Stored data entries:
%%

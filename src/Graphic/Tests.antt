-- ===== src/Graphic/Tests.antt =====
-- A display of 40 by 30 pixels, with four columns and two rows of text.
use omocha_os.Base.{◌+◌, ◌*◌, ◌≡◌, refl, [], ◌∷◌, ◌++◌, arith}
use mathlib.Core.List.{reverse}
use omocha_os.Graphic.{
  Display, Console, print, kputc_color, kputc_color_xy, draw, put_bitmap, put_bits, fill_gap,
}
use omocha_os.Graphic.Screen.{IsInside, SameBehind, print-IsInside}

abbrev small : Display
small = record {
  disp_width = 40;
  disp_height = 30;
  disp_pitch = 160;
  char_width = 4;
  char_height = 2;
  char_y_start = 1;
  font = λ c y. c + y;
  font_block = λ y. 255;
}

abbrev blank : Console
blank = record { fb = λ a. 0; char_x = 3; char_y = 1; serial = [] }

-- At the end of the last row the text goes on in the first one.
wrapped : (kputc_color small blank b'a' 7 1).char_y ≡ 1
unfolding kputc_color
wrapped = refl

-- `b` is character 66; its second row has the bits of 67.
lit : (kputc_color small blank b'b' 7 1).fb (27 + 13 * 40 + 40 + 6) ≡ 7
unfolding kputc_color kputc_color_xy draw put_bitmap put_bits fill_gap
lit = refl

print-IsInside_example :
    IsInside small (print small blank (b'a' ∷ 10 ∷ 8 ∷ []) 7 1)
    × SameBehind small blank.fb (print small blank (b'a' ∷ 10 ∷ 8 ∷ []) 7 1).fb
    × ((print small blank (b'a' ∷ 10 ∷ 8 ∷ []) 7 1).serial ≡ reverse (b'a' ∷ 10 ∷ 8 ∷ []) ++ [])
print-IsInside_example =
    print-IsInside
      (record {
        pitch = refl;
        across = omega arith;
        down = omega arith;
        start = omega arith;
        some_column = omega arith;
      })
      blank (b'a' ∷ 10 ∷ 8 ∷ []) 7 1 (record { column = omega arith; row = omega arith })
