-- ===== src/Hd.antt =====
-- The partition table of a hard disk: kernel/modules/hd/hd.c. A sector that `hd_rw` reads is the
-- bytes that `disk` gives for its number; a read that the drive does not answer is not modelled.
use omocha_os.Base.{ℕ, zero, suc, ◌+◌, ◌-◌, ◌*◌, ◌%◌, ◌^◌, ltb, ◌==◌, if◌then◌else◌}
use omocha_os.Base.Bytes.{long_at}
use omocha_os.Core.Process.{update}
use omocha_os.Core.Run.{Run, ok, fault, ◌>>=◌}
pub mod Extended
pub mod Partitions
pub mod Transfer
mod Tests

-- `struct HD_PartInfo`
pub record PartInfo : Type 0 where
  pub bootable : ℕ
  pub fsid : ℕ
  pub base : ℕ
  pub size : ℕ

-- `struct HD_Info`, without the count of openings.
pub record HdInfo : Type 0 where
  pub primary : ℕ → PartInfo
  pub logical : ℕ → PartInfo

-- The fields of `struct HD_PartTableEntity` that the code reads.
pub record PartTableEntity : Type 0 where
  pub entry_bootable : ℕ
  pub entry_fsid : ℕ
  pub lba_begin : ℕ
  pub entry_size : ℕ

-- Entry `i` of the table in sector `sect`.
unfoldable pub part_table_read : (disk : ℕ → ℕ → ℕ) (sect i : ℕ) → PartTableEntity
part_table_read disk sect i =
    let p = 446 + 16 * i in
    record {
      entry_bootable = disk sect p;
      entry_fsid = disk sect (p + 4);
      lba_begin = long_at (disk sect) (p + 8);
      entry_size = long_at (disk sect) (p + 12);
    }

-- What the tables of the drive say of a partition that starts at `base`.
abbrev pub part_of : PartTableEntity → (base : ℕ) → PartInfo
part_of e base = record {
  bootable = e.entry_bootable;
  fsid = e.entry_fsid;
  base = base;
  size = e.entry_size;
}

-- A write to `info->primary`, which has five entries.
unfoldable pub set_primary : HdInfo → ℕ → PartInfo → Run HdInfo
set_primary info i p =
    if ltb i 5 then ok (record info { primary = update (info.primary) i p }) else fault

-- A write to `info->logical`, which has 64 entries.
unfoldable pub set_logical : HdInfo → ℕ → PartInfo → Run HdInfo
set_logical info i p =
    if ltb i 64 then ok (record info { logical = update (info.logical) i p }) else fault

-- The rounds of the loop over an extended partition, from `sect` on.
unfoldable pub extended_parts :
    (rounds : ℕ) (disk : ℕ → ℕ → ℕ) → HdInfo → (ext_base slot sect : ℕ) → Run HdInfo
extended_parts zero disk info ext_base slot sect = ok info
extended_parts (suc n) disk info ext_base slot sect =
    let first = part_table_read disk sect 0 in
    let second = part_table_read disk sect 1 in
    set_logical info slot (part_of first ((sect + first.lba_begin) % 2 ^ 32)) >>= λ next.
    if second.entry_fsid == 0
    then ok next
    else extended_parts n disk next ext_base (slot + 1) ((ext_base + second.lba_begin) % 2 ^ 32)

-- `init_partitions` with the type `HD_PART_TYPE_EXTEND`
unfoldable pub init_extended : (disk : ℕ → ℕ → ℕ) → HdInfo → (extend_id : ℕ) → Run HdInfo
init_extended disk info extend_id =
    let ext_base = (info.primary extend_id).base in
    extended_parts 16 disk info ext_base ((extend_id - 1) * 16) ext_base

-- One round of the loop over the primary partitions, with the count of those found.
unfoldable pub primary_part : (disk : ℕ → ℕ → ℕ) → HdInfo → (i prim_parts : ℕ) → Run (HdInfo × ℕ)
primary_part disk info i prim_parts =
    let e = part_table_read disk 0 i in
    if e.entry_fsid == 0
    then ok (info, prim_parts)
    else (set_primary info (i + 1) (part_of e (e.lba_begin)) >>= λ next.
        (if e.entry_fsid == 5 then init_extended disk next (i + 1) else ok next) >>= λ last.
        ok (last, prim_parts + 1))

unfoldable pub primary_parts :
    (rounds : ℕ) (disk : ℕ → ℕ → ℕ) → HdInfo → (i prim_parts : ℕ) → Run (HdInfo × ℕ)
primary_parts zero disk info i prim_parts = ok (info, prim_parts)
primary_parts (suc n) disk info i prim_parts =
    primary_part disk info i prim_parts >>= λ r. primary_parts n disk (r.0) (i + 1) (r.1)

-- `init_partitions` with another type. That no partition was found is only reported.
unfoldable pub init_partitions : (disk : ℕ → ℕ → ℕ) → HdInfo → Run HdInfo
init_partitions disk info = primary_parts 4 disk info 0 0 >>= λ r. ok (r.0)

%%

How to complete this task: Filter the records above down to the lines that hold the string "HdInfo".

Answer to this exercise:
pub record HdInfo : Type 0 where
unfoldable pub set_primary : HdInfo → ℕ → PartInfo → Run HdInfo
unfoldable pub set_logical : HdInfo → ℕ → PartInfo → Run HdInfo
    (rounds : ℕ) (disk : ℕ → ℕ → ℕ) → HdInfo → (ext_base slot sect : ℕ) → Run HdInfo
unfoldable pub init_extended : (disk : ℕ → ℕ → ℕ) → HdInfo → (extend_id : ℕ) → Run HdInfo
unfoldable pub primary_part : (disk : ℕ → ℕ → ℕ) → HdInfo → (i prim_parts : ℕ) → Run (HdInfo × ℕ)
    (rounds : ℕ) (disk : ℕ → ℕ → ℕ) → HdInfo → (i prim_parts : ℕ) → Run (HdInfo × ℕ)
unfoldable pub init_partitions : (disk : ℕ → ℕ → ℕ) → HdInfo → Run HdInfo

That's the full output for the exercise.